# Seen any Cobia yet?



## offshorewarrior (Mar 3, 2009)

Just wondering if anyone has seen any Cobia yet in the waters offshore?

Thx,

offshorewarrior


----------



## MULLET HUNTER (Oct 3, 2007)

Bout 2-weeks by history, but there ain't no fences out there, but then again it has been 14ft.....


----------



## 69Viking (Oct 30, 2008)

Lots of sunny warm weather forecast for the next 7-10 days so if I had to guess we'll be seeing them soon. Even with the cold weather the water temp in Destin has creeped from 64 to 65 degrees so with the warmforecastit will creep up even further in the next 10 days. The water in the Carribean is plenty warm too so do doubt that warmer water will push north with the southerly winds and no cold fronts in the near furture! Game on!


----------



## phantom (Oct 5, 2007)

> *69Viking (3/4/2009)*Lots of sunny warm weather forecast for the next 7-10 days so if I had to guess we'll be seeing them soon. Even with the cold weather the water temp in Destin has creeped from 64 to 65 degrees so with the warmforecastit will creep up even further in the next 10 days. The water in the Carribean is plenty warm too so do doubt that warmer water will push north with the southerly winds and no cold fronts in the near furture! Game on!

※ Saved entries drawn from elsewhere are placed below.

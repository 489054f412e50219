-- ===== src/Rnl/Addresses/Examples.antt =====
-- rnl/NetlinkSocket.cpp: a sync of addresses, with a kernel that keeps a list of prefixes.
use fbmeshd.Prelude.{
  ◌≡◌, refl, ap, ◌∙◌, true, false, not, ◌&&◌, Option, none, some, List, [], ◌∷◌, arith, ltb,
  if◌then◌else◌,
}
use fbmeshd.Rnl.{Prefix, IpApi, same_prefix, same_prefix_iff}
use fbmeshd.Rnl.Kernel.{Rtnl}
use fbmeshd.Rnl.Addresses.{
  IfAddress, AddrSock, done, build_if_address, get_family, prefixes_of, fits_family, fits_rest,
  collect, get_if_addrs, do_sync_if_address, new_prefixes,
}
use fbmeshd.Rnl.Addresses.Difference.{as_number, count, IsOrder}
use fbmeshd.Rnl.Addresses.Synced.{KeepsAddresses, listed, do_sync_if_address-present}

abbrev ip : IpApi
ip = record {
  is_multicast = λ a. false;
  is_link_local = λ a. false;
  is_v6 = λ a. true;
  family = λ a. 10;
}

abbrev rtnl : Rtnl
rtnl = record {
  rt_table_main = 254;
  is_cloned = λ f. false;
  rt_scope_universe = 0;
  rt_scope_link = 253;
  rt_scope_nowhere = 255;
  rtn_unicast = 1;
  rtn_blackhole = 6;
  rtn_multicast = 5;
  af_unspec = 0;
  af_inet = 2;
  af_inet6 = 10;
  af_mpls = 28;
}

dedup : List Prefix → List Prefix
dedup [] = []
dedup (p ∷ ps) = let rest = dedup ps in if listed p ps then rest else p ∷ rest

without : Prefix → List Prefix → List Prefix
without p [] = []
without p (q ∷ qs) = let rest = without p qs in if same_prefix p q then rest else q ∷ rest

built : List Prefix → List IfAddress
unfolding build_if_address
built [] = []
built (p ∷ ps) = build_if_address p 4 0 ∷ built ps

abbrev prefix_or : Option Prefix → List Prefix → List Prefix
prefix_or none ps = ps
prefix_or (some p) ps = p ∷ ps

abbrev drop_prefix : Option Prefix → List Prefix → List Prefix
drop_prefix none ps = ps
drop_prefix (some p) ps = without p ps

-- A kernel with the one interface 4.
abbrev nl : AddrSock (List Prefix)
unfolding built dedup without
nl = record {
  add_if_address = λ a k. (prefix_or a.prefix k, 0);
  delete_if_address = λ a k. (drop_prefix a.prefix k, 0);
  get_all_if_addresses = λ k. built (dedup k);
}

same_prefix_refl : (p : Prefix) → same_prefix p p ≡ true
same_prefix_refl p = (same_prefix_iff p p).1 refl

listed-same : (p q : Prefix) (ps : List Prefix) → same_prefix p q ≡ true → listed p ps ≡ listed q ps
listed-same p q ps h = ap (λ x. listed x ps) ((same_prefix_iff p q).0 h)

prefixes_of-built : (ps : List Prefix) → prefixes_of (built ps) ≡ ps
unfolding prefixes_of built build_if_address
prefixes_of-built [] = refl
prefixes_of-built (p ∷ ps) = ap (λ l. p ∷ l) (prefixes_of-built ps)

collect-built : (ps : List Prefix) → collect ip rtnl nl 4 10 0 (built ps) ≡ some (built ps)
unfolding collect built fits_family fits_rest get_family build_if_address
collect-built [] = refl
collect-built (p ∷ ps) = rw (collect-built ps) refl

count-dedup : (q : Prefix) (ps : List Prefix) → count q (dedup ps) ≡ as_number (listed q ps)
unfolding dedup
count-dedup q [] = refl
count-dedup q (p ∷ ps) = ground (arith, count-dedup q ps, listed-same p q ps)

listed-without :
    (p q : Prefix) (ps : List Prefix)
    → listed q (without p ps) ≡ (not (same_prefix p q) && listed q ps)
unfolding without
listed-without p q [] = ground arith
listed-without p q (r ∷ ps) =
    ground
      (arith, listed-without p q ps, same_prefix_iff p r, same_prefix_iff r q, same_prefix_iff p q)

keeps : KeepsAddresses ip rtnl nl 4 10 0
unfolding get_if_addrs built dedup without build_if_address
keeps = record {
  present = λ k q. listed q k;
  lists = λ k. built (dedup k);
  reads = λ k. collect-built (dedup k);
  once = λ k q. ap (count q) (prefixes_of-built (dedup k)) ∙ count-dedup q k;
  adds = λ a p q k e i. ap (λ o. listed q (prefix_or o k)) e;
  deletes = λ p q k. listed-without p q k;
}

abbrev asked : Prefix
asked = record { addr = 7; mask = 64 }

abbrev left : Prefix
left = record { addr = 9; mask = 64 }

abbrev request : List IfAddress
unfolding build_if_address
request = build_if_address asked 4 0 ∷ []

ltb-IsOrder : IsOrder ltb
ltb-IsOrder = record {
  irreflexive = λ a. ground arith;
  transitive = λ a b c h k. ground arith;
  connected = λ a b h k. ground arith;
}

do_sync_if_address-present_example :
    ((do_sync_if_address ip rtnl nl ltb 4 request 10 0 (left ∷ [])).1 ≡ done)
    × ((q : Prefix)
        → listed q (do_sync_if_address ip rtnl nl ltb 4 request 10 0 (left ∷ [])).0
          ≡ listed q (asked ∷ []))
unfolding keeps request new_prefixes fits_family fits_rest get_family build_if_address
do_sync_if_address-present_example =
    do_sync_if_address-present ip rtnl nl 4 10 0 keeps ltb request (asked ∷ []) (left ∷ [])
      ltb-IsOrder refl ((refl, refl), tt)
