-- ===== src/Rnl/Builder.antt =====
-- rnl/NetlinkTypes.cpp: `RouteBuilder` and `NextHopBuilder`. A set of next hops takes a hop once.
use Prim.Native.String.{String}
use fbmeshd.Prelude.{ℕ, Bool, false, Option, none, some, List, [], ◌∷◌, ◌==◌, if◌then◌else◌}
use fbmeshd.Rnl.{Prefix, NextHop, Route, IpApi, has_next_hop}
use fbmeshd.Rnl.Kernel.{Rtnl}

pub record NextHopBuilder : Type 0 where
  pub if_index : Option ℕ
  pub gateway : Option ℕ
  pub weight : ℕ
  pub label_action : Option ℕ
  pub swap_label : Option ℕ
  pub push_labels : Option (List ℕ)

abbrev pub new_next_hop : NextHopBuilder
new_next_hop = record {
  if_index = none;
  gateway = none;
  weight = 0;
  label_action = none;
  swap_label = none;
  push_labels = none;
}

abbrev pub set_if_index : ℕ → NextHopBuilder → NextHopBuilder
set_if_index i b = record b { if_index = some i }

abbrev pub set_gateway : ℕ → NextHopBuilder → NextHopBuilder
set_gateway a b = record b { gateway = some a }

abbrev pub set_weight : ℕ → NextHopBuilder → NextHopBuilder
set_weight w b = record b { weight = w }

abbrev pub set_label_action : ℕ → NextHopBuilder → NextHopBuilder
set_label_action a b = record b { label_action = some a }

abbrev pub set_swap_label : ℕ → NextHopBuilder → NextHopBuilder
set_swap_label l b = record b { swap_label = some l }

abbrev pub set_push_labels : List ℕ → NextHopBuilder → NextHopBuilder
set_push_labels ls b = record b { push_labels = some ls }

-- `NextHopBuilder::getFamily`.
abbrev pub hop_family : IpApi → Rtnl → Option ℕ → ℕ
hop_family ip k none = k.af_unspec
hop_family ip k (some a) = ip.family a

unfoldable pub build_next_hop : IpApi → Rtnl → NextHopBuilder → NextHop
build_next_hop ip k b = record {
  if_index = b.if_index;
  gateway = b.gateway;
  weight = b.weight;
  label_action = b.label_action;
  swap_label = b.swap_label;
  push_labels = b.push_labels;
  family = hop_family ip k b.gateway;
}

pub record RouteBuilder : Type 0 where
  pub route_type : ℕ
  pub route_table : ℕ
  pub protocol_id : ℕ
  pub scope : ℕ
  pub family : ℕ
  pub is_valid : Bool
  pub flags : Option ℕ
  pub priority : Option ℕ
  pub tos : Option ℕ
  pub mtu : Option ℕ
  pub adv_mss : Option ℕ
  pub next_hops : List NextHop
  pub destination : Prefix
  pub route_if_index : Option ℕ
  pub route_if_name : Option String
  pub mpls_label : Option ℕ

abbrev pub default_protocol_id : ℕ
default_protocol_id = 99

-- `RouteBuilder{}`; `unset` is the prefix of a default-constructed network.
abbrev pub new_route : Rtnl → Prefix → RouteBuilder
new_route k unset = record {
  route_type = k.rtn_unicast;
  route_table = k.rt_table_main;
  protocol_id = default_protocol_id;
  scope = k.rt_scope_universe;
  family = k.af_unspec;
  is_valid = false;
  flags = none;
  priority = none;
  tos = none;
  mtu = none;
  adv_mss = none;
  next_hops = [];
  destination = unset;
  route_if_index = none;
  route_if_name = none;
  mpls_label = none;
}

abbrev pub set_destination : IpApi → Prefix → RouteBuilder → RouteBuilder
set_destination ip p b = record b { destination = p; family = ip.family p.addr }

abbrev pub set_mpls_label : Rtnl → ℕ → RouteBuilder → RouteBuilder
set_mpls_label k l b = record b { mpls_label = some l; family = k.af_mpls }

abbrev pub set_type : ℕ → RouteBuilder → RouteBuilder
set_type t b = record b { route_type = t }

abbrev pub set_route_table : ℕ → RouteBuilder → RouteBuilder
set_route_table t b = record b { route_table = t }

abbrev pub set_protocol_id : ℕ → RouteBuilder → RouteBuilder
set_protocol_id p b = record b { protocol_id = p }

abbrev pub set_scope : ℕ → RouteBuilder → RouteBuilder
set_scope s b = record b { scope = s }

abbrev pub set_flags : ℕ → RouteBuilder → RouteBuilder
set_flags f b = record b { flags = some f }

abbrev pub set_priority : ℕ → RouteBuilder → RouteBuilder
set_priority p b = record b { priority = some p }

abbrev pub set_tos : ℕ → RouteBuilder → RouteBuilder
set_tos t b = record b { tos = some t }

abbrev pub set_mtu : ℕ → RouteBuilder → RouteBuilder
set_mtu m b = record b { mtu = some m }

abbrev pub set_adv_mss : ℕ → RouteBuilder → RouteBuilder
set_adv_mss m b = record b { adv_mss = some m }

abbrev pub set_route_if_name : String → RouteBuilder → RouteBuilder
set_route_if_name n b = record b { route_if_name = some n }

abbrev pub set_route_if_index : ℕ → RouteBuilder → RouteBuilder
set_route_if_index i b = record b { route_if_index = some i }

abbrev pub set_valid : Bool → RouteBuilder → RouteBuilder
set_valid v b = record b { is_valid = v }

unfoldable pub add_next_hop : NextHop → RouteBuilder → RouteBuilder
add_next_hop h b = record b {
  next_hops = if has_next_hop h b.next_hops then b.next_hops else h ∷ b.next_hops;
}

-- `reset` leaves the destination, the family, the label and the interface index as they were.
unfoldable pub reset : Rtnl → RouteBuilder → RouteBuilder
reset k b = record b {
  route_type = k.rtn_unicast;
  route_table = k.rt_table_main;
  protocol_id = default_protocol_id;
  scope = k.rt_scope_universe;
  is_valid = false;
  flags = none;
  priority = none;
  tos = none;
  mtu = none;
  adv_mss = none;
  next_hops = [];
  route_if_name = none;
}

-- `Route(builder)`.
unfoldable pub build : RouteBuilder → Route
build b = record {
  destination = b.destination;
  mpls_label = b.mpls_label;
  next_hops = b.next_hops;
  route_type = b.route_type;
  route_table = b.route_table;
  protocol_id = b.protocol_id;
  scope = b.scope;
  is_valid = b.is_valid;
  flags = b.flags;
  priority = b.priority;
  tos = b.tos;
  mtu = b.mtu;
  adv_mss = b.adv_mss;
  route_if_name = b.route_if_name;
  family = b.family;
}

-- The interface of a multicast or link route; `none` is the exception.
unfoldable pub route_interface : RouteBuilder → Option (ℕ × String)
route_interface b = elim b.route_if_index [
  | none ↦ none
  | some i ↦ elim b.route_if_name [ none ↦ none | some n ↦ if i == 0 then none else some (i, n) ]
]

module _ (ip : IpApi) (k : Rtnl) (unset : Prefix) where
  unfoldable pub build_on_interface : ℕ → ℕ → RouteBuilder → ℕ × String → Route
  unfolding build add_next_hop build_next_hop
  build_on_interface scope type b (i, n) = build (
      add_next_hop (build_next_hop ip k (set_if_index i new_next_hop)) (
        set_route_if_name n (
          set_type type (
            set_scope scope (
              set_protocol_id b.protocol_id
                (set_destination ip b.destination (new_route k unset)))))))

  unfoldable pub build_multicast_route : RouteBuilder → Option Route
  unfolding route_interface build_on_interface
  build_multicast_route b = elim (route_interface b) [
    | none ↦ none
    | some x ↦ some (build_on_interface b.scope k.rtn_multicast b x)
  ]

  unfoldable pub build_link_route : RouteBuilder → Option Route
  unfolding route_interface build_on_interface
  build_link_route b = elim (route_interface b) [
    | none ↦ none
    | some x ↦ some (build_on_interface k.rt_scope_link k.rtn_unicast b x)
  ]
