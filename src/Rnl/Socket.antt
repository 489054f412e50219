-- ===== src/Rnl/Socket.antt =====
-- rnl/NetlinkSocket.cpp: the caches of routes, and the kernel behind `NetlinkProtocolSocket`, whose
-- calls are a parameter. A call answers with a result code, and 0 is success.
use Prim.Native.String.{String}
use fbmeshd.Prelude.{ℕ, ◌≡◌, none, some, List, [], nat_eq, ◌==◌, if◌then◌else◌, arith, refl}
use fbmeshd.Prelude.Dict.{find, insert, find-insert, beq_refl}
use fbmeshd.Rnl.{Prefix, Route, prefix_eq}

pub record NlSock (K : Type 0) : Type 0 where
  pub add_route : Route → K → K × ℕ
  pub delete_route : Route → K → K × ℕ
  pub add_label_route : Route → K → K × ℕ
  pub delete_label_route : Route → K → K × ℕ

abbrev pub UnicastRoutes : Type 0
UnicastRoutes = List (Prefix × Route)

abbrev pub MplsRoutes : Type 0
MplsRoutes = List (ℕ × Route)

-- Multicast and link routes are under a prefix and the name of an interface.
abbrev pub IfRoutes : Type 0
IfRoutes = List ((Prefix × String) × Route)

-- The caches, each by protocol, and the state of the kernel.
pub record Socket (K : Type 0) : Type 0 where
  pub unicast_cache : List (ℕ × UnicastRoutes)
  pub mpls_cache : List (ℕ × MplsRoutes)
  pub mcast_cache : List (ℕ × IfRoutes)
  pub link_cache : List (ℕ × IfRoutes)
  pub kernel : K

abbrev pub empty : {K : Type 0} → K → Socket K
empty kernel = record {
  unicast_cache = [];
  mpls_cache = [];
  mcast_cache = [];
  link_cache = [];
  kernel = kernel;
}

-- A call that throws keeps what it has changed before.
pub data Status : Type 0 where
  done : Status
  nl_exception : Status

abbrev pub Outcome : Type 0 → Type 0
Outcome K = Socket K × Status

-- What follows a call that may throw.
abbrev pub and_then : {K : Type 0} → Outcome K → (Socket K → Outcome K) → Outcome K
and_then (s, done) f = f s
and_then (s, nl_exception) f = (s, nl_exception)

-- What `operator[]` of a cache gives for a protocol: no routes if there is no entry.
abbrev pub cached {ℓ} : {A : Type ℓ} → ℕ → List (ℕ × List A) → List A
cached protocol m = elim (find protocol m) [ none ↦ [] | some routes ↦ routes ]

-- `unicastRoutesCache_[protocolId]`.
abbrev pub routes_of : {K : Type 0} → ℕ → Socket K → UnicastRoutes
routes_of protocol s = cached protocol s.unicast_cache

abbrev pub with_routes : {K : Type 0} → ℕ → UnicastRoutes → Socket K → Socket K
with_routes protocol routes s = record s { unicast_cache = insert protocol routes s.unicast_cache }

pub cached-insert {ℓ} :
    {A : Type ℓ} (p q : ℕ) (m : List A) (c : List (ℕ × List A))
    → cached q (insert p m c) ≡ (if p == q then m else cached q c)
cached-insert p q m c = ground (arith, find-insert p q m c)

pub cached-insert_same {ℓ} :
    {A : Type ℓ} (p : ℕ) (m : List A) (c : List (ℕ × List A)) → cached p (insert p m c) ≡ m
cached-insert_same p m c = rw (cached-insert p p m c, beq_refl p) refl
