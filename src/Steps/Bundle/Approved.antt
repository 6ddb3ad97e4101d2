-- ===== src/Steps/Bundle/Approved.antt =====
-- internal/steps/bundle.go: only the approved recipe is bundled.
use Prim.Native.String.{[], ◌∷◌}
use mathlib.Core.List.{List, [] as nil, ◌∷◌ as cons}
use Prim.Native.String.append
use Prim.Native.String.compare
use aicrme.Prelude.{
  ℕ, ◌+◌, ◌≡◌, refl, sym, ap, ap₂, ◌∙◌, ◌↔◌, String, str_append, str_eq, eq_iff, Bool, true, false,
  not, ◌&&◌, ◌++◌, Option, none, some, arith, ==_iff, length,
}
use aicrme.Steps.Bundle.{
  Component, Recipe, add_diff, join_diffs, diffs_of, component_drift, first_drift,
  assert_matches_approved,
}

-- The same fields.
abbrev is_same : Component → Component → Bool
is_same c a =
    str_eq c.name a.name
    && str_eq c.kind a.kind
    && str_eq c.version a.version
    && str_eq c.namespace a.namespace
    && str_eq c.chart a.chart
    && str_eq c.source a.source

-- Each difference is a text with something in it.
abbrev are_texts : List String → Bool
are_texts nil = true
are_texts (cons a rest) = not (str_eq a "") && are_texts rest

abbrev none_left : List String → Bool
none_left nil = true
none_left (cons a rest) = false

text-append : (a t : String) → str_eq a "" ≡ false → str_eq (str_append a t) "" ≡ false
text-append [] t h = absurd (ground (arith, h))
text-append (c ∷ s) t h = rw (append.cons c s t, compare.cons-nil c (str_append s t)) refl

join_diffs-text :
    (diffs : List String) → are_texts diffs ≡ true → str_eq (join_diffs diffs) "" ≡ none_left diffs
unfolding join_diffs
join_diffs-text nil h = refl
join_diffs-text (cons a nil) h = ground (arith, h)
join_diffs-text (cons a (cons b rest)) h =
    text-append a (str_append "; " (join_diffs (cons b rest))) (ground (arith, h))

are_texts-snoc :
    (diffs : List String) (a : String)
    → are_texts (diffs ++ cons a nil) ≡ (are_texts diffs && not (str_eq a ""))
are_texts-snoc nil a = ground arith
are_texts-snoc (cons b diffs) a = ground (arith, are_texts-snoc diffs a)

none_left-snoc : (diffs : List String) (a : String) → none_left (diffs ++ cons a nil) ≡ false
none_left-snoc nil a = refl
none_left-snoc (cons b diffs) a = refl

none_left-add_diff :
    (field got want : String) (diffs : List String)
    → none_left (add_diff field got want diffs) ≡ (str_eq got want && none_left diffs)
unfolding add_diff
none_left-add_diff field got want diffs = ground (arith, none_left-snoc diffs)

are_texts-add_diff :
    (field : String)
    → str_eq field "" ≡ false
    → (got want : String) (diffs : List String)
    → are_texts (add_diff field got want diffs) ≡ are_texts diffs
unfolding add_diff
are_texts-add_diff field h got want diffs =
    let text = str_append " " (str_append got (str_append " != approved " want)) in
    ground (arith, are_texts-snoc diffs (str_append field text), text-append field text h)

diffs_of-are_texts : (c a : Component) → are_texts (diffs_of c a) ≡ true
unfolding diffs_of
diffs_of-are_texts c a =
    rw
      (
        are_texts-add_diff "source" refl,
        are_texts-add_diff "chart" refl,
        are_texts-add_diff "namespace" refl,
        are_texts-add_diff "version" refl,
        are_texts-add_diff "kind" refl,
        are_texts-add_diff "name" refl,
      )
      refl

component_drift-is_same : (c a : Component) → str_eq (component_drift c a) "" ≡ is_same c a
unfolding component_drift diffs_of
component_drift-is_same c a =
    join_diffs-text (diffs_of c a) (diffs_of-are_texts c a)
    ∙ rw
        (
          none_left-add_diff "source",
          none_left-add_diff "chart",
          none_left-add_diff "namespace",
          none_left-add_diff "version",
          none_left-add_diff "kind",
          none_left-add_diff "name",
        )
        (ground arith)

is_same-path : (c a : Component) → is_same c a ≡ true → c ≡ a
is_same-path c a h = λ i. record {
  name = (eq_iff c.name a.name).0 (ground (arith, h)) i;
  kind = (eq_iff c.kind a.kind).0 (ground (arith, h)) i;
  version = (eq_iff c.version a.version).0 (ground (arith, h)) i;
  namespace = (eq_iff c.namespace a.namespace).0 (ground (arith, h)) i;
  chart = (eq_iff c.chart a.chart).0 (ground (arith, h)) i;
  source = (eq_iff c.source a.source).0 (ground (arith, h)) i;
}

first_drift-none :
    (itoa : ℕ → String) (i : ℕ) (cs approved : List Component)
    → length cs ≡ length approved
    → first_drift itoa i cs approved ≡ none
    → cs ≡ approved
unfolding first_drift
first_drift-none itoa i nil nil e h = refl
first_drift-none itoa i nil (cons a approved) e h = absurd (omega (arith, e))
first_drift-none itoa i (cons c cs) nil e h = absurd (omega (arith, e))
first_drift-none itoa i (cons c cs) (cons a approved) e h =
    ap₂ cons (is_same-path c a (ground (arith, h, component_drift-is_same c a)))
      (first_drift-none itoa (i + 1) cs approved (omega (arith, e)) (ground (arith, h)))

is_same_refl : (c : Component) → is_same c c ≡ true
is_same_refl c = ground (
  arith,
  (eq_iff c.name c.name).1 refl,
  (eq_iff c.kind c.kind).1 refl,
  (eq_iff c.version c.version).1 refl,
  (eq_iff c.namespace c.namespace).1 refl,
  (eq_iff c.chart c.chart).1 refl,
  (eq_iff c.source c.source).1 refl,
)

first_drift-same :
    (itoa : ℕ → String) (i : ℕ) (cs : List Component) → first_drift itoa i cs cs ≡ none
unfolding first_drift
first_drift-same itoa i nil = refl
first_drift-same itoa i (cons c cs) =
    rw (component_drift-is_same c c, is_same_refl c) (first_drift-same itoa (i + 1) cs)

assert_matches_approved-none :
    (itoa : ℕ → String) (result : Recipe) (approved : Option Recipe)
    → assert_matches_approved itoa result approved ≡ none
    → approved ≡ some result
unfolding assert_matches_approved
assert_matches_approved-none itoa result none h = absurd (ground (arith, h))
assert_matches_approved-none itoa result (some a) h =
    let n : a.name ≡ result.name = sym ((eq_iff result.name a.name).0 (ground (arith, h))) in
    let v : a.version ≡ result.version =
      sym ((eq_iff result.version a.version).0 (ground (arith, h))) in
    let l : length result.components ≡ length a.components =
      (==_iff (length result.components) (length a.components)).0 (ground (arith, h)) in
    let cs = sym (first_drift-none itoa 0 result.components a.components l (ground (arith, h))) in
    ap some (λ i. record { name = n i; version = v i; components = cs i })

assert_matches_approved-same :
    (itoa : ℕ → String) (result : Recipe) → assert_matches_approved itoa result (some result) ≡ none
unfolding assert_matches_approved
assert_matches_approved-same itoa result =
    rw
      (
        (eq_iff result.name result.name).1 refl,
        (eq_iff result.version result.version).1 refl,
        (==_iff (length result.components) (length result.components)).1 refl,
      )
      (first_drift-same itoa 0 result.components)

-- The check of a recipe that was resolved again passes exactly when there is an approved one and its
-- name, its version and its components, field for field and in order, are the same.
pub assert_matches_approved_lem :
    (itoa : ℕ → String) (result : Recipe) (approved : Option Recipe)
    → (assert_matches_approved itoa result approved ≡ none) ↔ (approved ≡ some result)
assert_matches_approved_lem itoa result approved = (
  assert_matches_approved-none itoa result approved,
  λ e. ap (assert_matches_approved itoa result) e ∙ assert_matches_approved-same itoa result,
)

the water is only at 56...if it was 65 there might be some fish here


----------



## atlast740 (Dec 19, 2007)

dont know where 64 or 65 degrees coming from , but i take temp off oip every 5 or 6 days and it hasnt varied 8 ?1oth in last 2 weeks it is 55.3 right now


----------



## reelfinatical (Sep 30, 2007)

Frommy MODIS A sst shot takenthis morning- still high 50salong the beaches, warming a few degrees during the day... 57 to 59 average, a few low low 60s shown on the afternoon shotyesterday. It won't be long.  I've been stocking up on jigs & fake eels


----------



## atlast740 (Dec 19, 2007)

amanda u going to b at the get together mar 18th at hooters


----------



## reelfinatical (Sep 30, 2007)

^ i'm not sure yet - it had actually slipped my mind until you just reminded me.


----------



## atlast740 (Dec 19, 2007)

ill bring u a few cobia jigs im suppose to give my 2 cents worth about cobia fishing at that meeting


----------



## reelfinatical (Sep 30, 2007)

^ cooool! In that case, I can't miss out


----------



## L/D Max (Mar 5, 2009)

Hello PFF,

New to the Cobia game. Great info here. Which direction do they migrate? I've east conflicting info.


----------



## reelfinatical (Sep 30, 2007)

-For the Gulf, their Spring migrationis noted to be West across the Panhandle, AL, MS, etc.

- They are DELICIOUS & have a LOT of meat

- How to catch them? Tons of ways. All thiswill probably be explained during the Cobia Seminar at Hooters on March 18. Some popular ways- you can cruise the beach with jigs, live eels, live baits to toss at them. I thinkboats with towers and homemade towersget some goodviews.You can also anchor up on nearshoreareas and put live baits down on the bottom.


----------



## 69Viking (Oct 30, 2008)

> *atlast740 (3/4/2009)*dont know where 64 or 65 degrees coming from , but i take temp off oip every 5 or 6 days and it hasnt varied 8 ?1oth in last 2 weeks it is 55.3 right now


Ok I believe you but someone needs to tell The Weather Channel then because according to them the Sea Surface Temperature in Destin is currently 64!


----------



## 69Viking (Oct 30, 2008)

I did a little more research and I think I figured out Destin's warm reading of 64. If you look at the water temperatures at the buoys in the link below you'll see the buoys closest to Pensacola and Destin that are offshore have warmer water temps in the 66 to 70 degree range and then if you look at the near shore buoys the readings are in the upper 50's. There's no buoy close to Destin so not sure where exactly the 64 is coming from. By the readings at the buoys though the warmer water is not that far away and with southerly winds and sunshine for the next several days water temperatures are going to warm up!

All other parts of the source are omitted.